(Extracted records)

———

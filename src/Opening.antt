-- ===== src/Opening.antt =====
-- `set_verbosity`, `set_access_method` and `dvdcss_open_common` of src/libdvdcss.c.
pub mod Tested
pub mod Laws
pub mod Methods
mod Tests
use libdvdcss.Common.{
  ℕ, zero, suc, ◌+◌, ◌-◌, ◌*◌, Bool, true, false, not, ◌&&◌, ◌||◌, Option, none, some, List, [],
  ◌∷◌, if◌then◌else◌, ◌==◌, ltb, leb,
}
use libdvdcss.Keys.{DvdKey, zero_key}
use libdvdcss.Dvdcss.{
  Dvdcss, Drive, Method, method_key, method_disc, method_title, open_device, close_device, issue,
  pf_seek, is_some,
}
use libdvdcss.TitleKeys.{
  TestResult, no_copyright, region_locked, unscrambled, scrambled, dvdcss_test, dvdcss_disckey,
}
use libdvdcss.Titles.{Library, is_space, skip_space}
use libdvdcss.Cache.{Surroundings, Cache, codes, is_empty}
use libdvdcss.Cache.Subdir.{init_cache}

-- `atoi`, where all numbers below zero are 0; no test of the code tells them apart.
unfoldable pub decimal : ℕ → List ℕ → ℕ
decimal value [] = value
decimal value (c ∷ cs) =
    let rest = decimal (value * 10 + (c - b'0')) cs in
    if leb b'0' c && leb c b'9' then rest else value

unfoldable pub atoi_signed : List ℕ → ℕ
atoi_signed [] = 0
atoi_signed (c ∷ cs) =
    if c == b'-' then 0 else if c == b'+' then decimal 0 cs else decimal 0 (c ∷ cs)

unfoldable pub atoi : List ℕ → ℕ
atoi cs = atoi_signed (skip_space cs)

-- `b_debug` and `b_errors`.
unfoldable pub set_verbosity : Option (List ℕ) → Bool × Bool
set_verbosity none = (false, false)
set_verbosity (some psz_verbose) = let i = atoi psz_verbose in (leb 2 i, leb 1 i)

-- `!strncmp( a, b, n )`, where the end of a list is the NUL.
unfoldable pub same_chars : ℕ → List ℕ → List ℕ → Bool
same_chars zero a b = true
same_chars (suc n) [] [] = true
same_chars (suc n) [] (d ∷ ds) = false
same_chars (suc n) (c ∷ cs) [] = false
same_chars (suc n) (c ∷ cs) (d ∷ ds) =
    let rest = same_chars n cs ds in if c == d then rest else false

-- `none` is -1.
unfoldable pub set_access_method : Option (List ℕ) → Option Method
set_access_method none = some method_key
set_access_method (some psz_method) =
    if same_chars 4 psz_method (codes "key")
    then some method_key
    else if same_chars 5 psz_method (codes "disc")
    then some method_disc
    else if same_chars 5 psz_method (codes "title")
    then some method_title
    else none

-- What a client passes: whether each of the three pointers is there.
pub record Target : Type 0 where
  pub has_target : Bool
  pub has_stream : Bool
  pub has_callbacks : Bool

unfoldable pub is_target : Target → Bool
is_target t = t.has_target || (t.has_stream && t.has_callbacks)

-- The variables of the environment, whether the device opens, and whether ioctls work on it
-- (`dvdcss_use_ioctls`).
pub record Environment : Type 0 where
  pub dvdcss_verbose : Option (List ℕ)
  pub dvdcss_method : Option (List ℕ)
  pub opens : Bool
  pub use_ioctls : Bool

-- What is opened.
pub record Instance : Type 0 where
  pub css : Dvdcss
  pub cache : Cache
  pub b_debug : Bool
  pub b_errors : Bool

-- Whether the disc is scrambled, and whether its ioctls work.
unfoldable pub on_test : TestResult → Dvdcss → Dvdcss
on_test no_copyright d = record d { b_ioctls = false }
on_test region_locked d = d
on_test unscrambled d = record d { b_scrambled = false }
on_test scrambled d = record d { b_scrambled = true }

module _ (drive : Drive) (crack_disc_key : DvdKey → Bool × DvdKey) where
  unfoldable pub test_disc : Dvdcss → Dvdcss
  test_disc d =
      let (result, d') = dvdcss_test drive d in if d.b_ioctls then on_test result d' else d

  -- The disc key, where it can be had; a failure is only reported.
  unfoldable pub fetch_disc_key : Dvdcss → Dvdcss
  fetch_disc_key d =
      let cleared = record d { p_disc_key = zero_key } in
      let fetched = (dvdcss_disckey drive crack_disc_key cleared).1 in
      if d.b_scrambled && d.b_ioctls then fetched else cleared

  unfoldable pub with_cache : Environment → Cache × Dvdcss → Instance
  with_cache env (cache, d) =
      let (debug, errors) = set_verbosity env.dvdcss_verbose in
      record { css = (pf_seek drive 0 d).1; cache = cache; b_debug = debug; b_errors = errors }

  -- `fresh` is what `malloc` leaves in the fields that are not set.
  unfoldable pub initial : Dvdcss → Method → Bool → Dvdcss
  initial fresh method ioctls =
      issue open_device
        (record fresh { method = method; p_titles = []; b_scrambled = true; b_ioctls = ioctls })

  unfoldable pub on_method : Surroundings → Environment → Dvdcss → Option Method → Option Instance
  on_method s env fresh none = none
  on_method s env fresh (some method) =
      let d = fetch_disc_key (test_disc (initial fresh method env.use_ioctls)) in
      if env.opens then some (with_cache env (init_cache s drive d)) else none

  -- `none` is NULL.
  unfoldable pub dvdcss_open_common : Surroundings → Environment → Target → Dvdcss → Option Instance
  dvdcss_open_common s env target fresh =
      if is_target target then on_method s env fresh (set_access_method env.dvdcss_method) else none

-- `dvdcss_open` and `dvdcss_open_stream`.
abbrev pub file_target : Target
file_target = record { has_target = true; has_stream = false; has_callbacks = false }

abbrev pub stream_target : Bool → Bool → Target
stream_target stream callbacks = record {
  has_target = false;
  has_stream = stream;
  has_callbacks = callbacks;
}

-- The library that a client gets, with the files of the cache on disk. `none` is an instance with a
-- path in `psz_cachefile` and `psz_block` not set: `dvdcss_title` would print through that pointer.
unfoldable pub has_block : Cache → Bool
has_block c = is_empty c.psz_cachefile || is_some c.psz_block

unfoldable pub library_of : (ℕ → Option (List ℕ)) → Instance → Option Library
library_of files i =
    if has_block i.cache
    then some
        (record { css = i.css; caching = not (is_empty i.cache.psz_cachefile); files = files })
    else none

-- `dvdcss_is_scrambled`.
unfoldable pub dvdcss_is_scrambled : Library → Bool
dvdcss_is_scrambled l = l.css.b_scrambled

———

-- Activity --
Out of the data above, transcribe exactly and only the lines starting with the line that has "let rest = same_chars" and going on through the line that has "pub b_errors : Bool", both included.

-- Response to this task --
    let rest = same_chars n cs ds in if c == d then rest else false

-- `none` is -1.
unfoldable pub set_access_method : Option (List ℕ) → Option Method
set_access_method none = some method_key
set_access_method (some psz_method) =
    if same_chars 4 psz_method (codes "key")
    then some method_key
    else if same_chars 5 psz_method (codes "disc")
    then some method_disc
    else if same_chars 5 psz_method (codes "title")
    then some method_title
    else none

-- What a client passes: whether each of the three pointers is there.
pub record Target : Type 0 where
  pub has_target : Bool
  pub has_stream : Bool
  pub has_callbacks : Bool

unfoldable pub is_target : Target → Bool
is_target t = t.has_target || (t.has_stream && t.has_callbacks)

-- The variables of the environment, whether the device opens, and whether ioctls work on it
-- (`dvdcss_use_ioctls`).
pub record Environment : Type 0 where
  pub dvdcss_verbose : Option (List ℕ)
  pub dvdcss_method : Option (List ℕ)
  pub opens : Bool
  pub use_ioctls : Bool

-- What is opened.
pub record Instance : Type 0 where
  pub css : Dvdcss
  pub cache : Cache
  pub b_debug : Bool
  pub b_errors : Bool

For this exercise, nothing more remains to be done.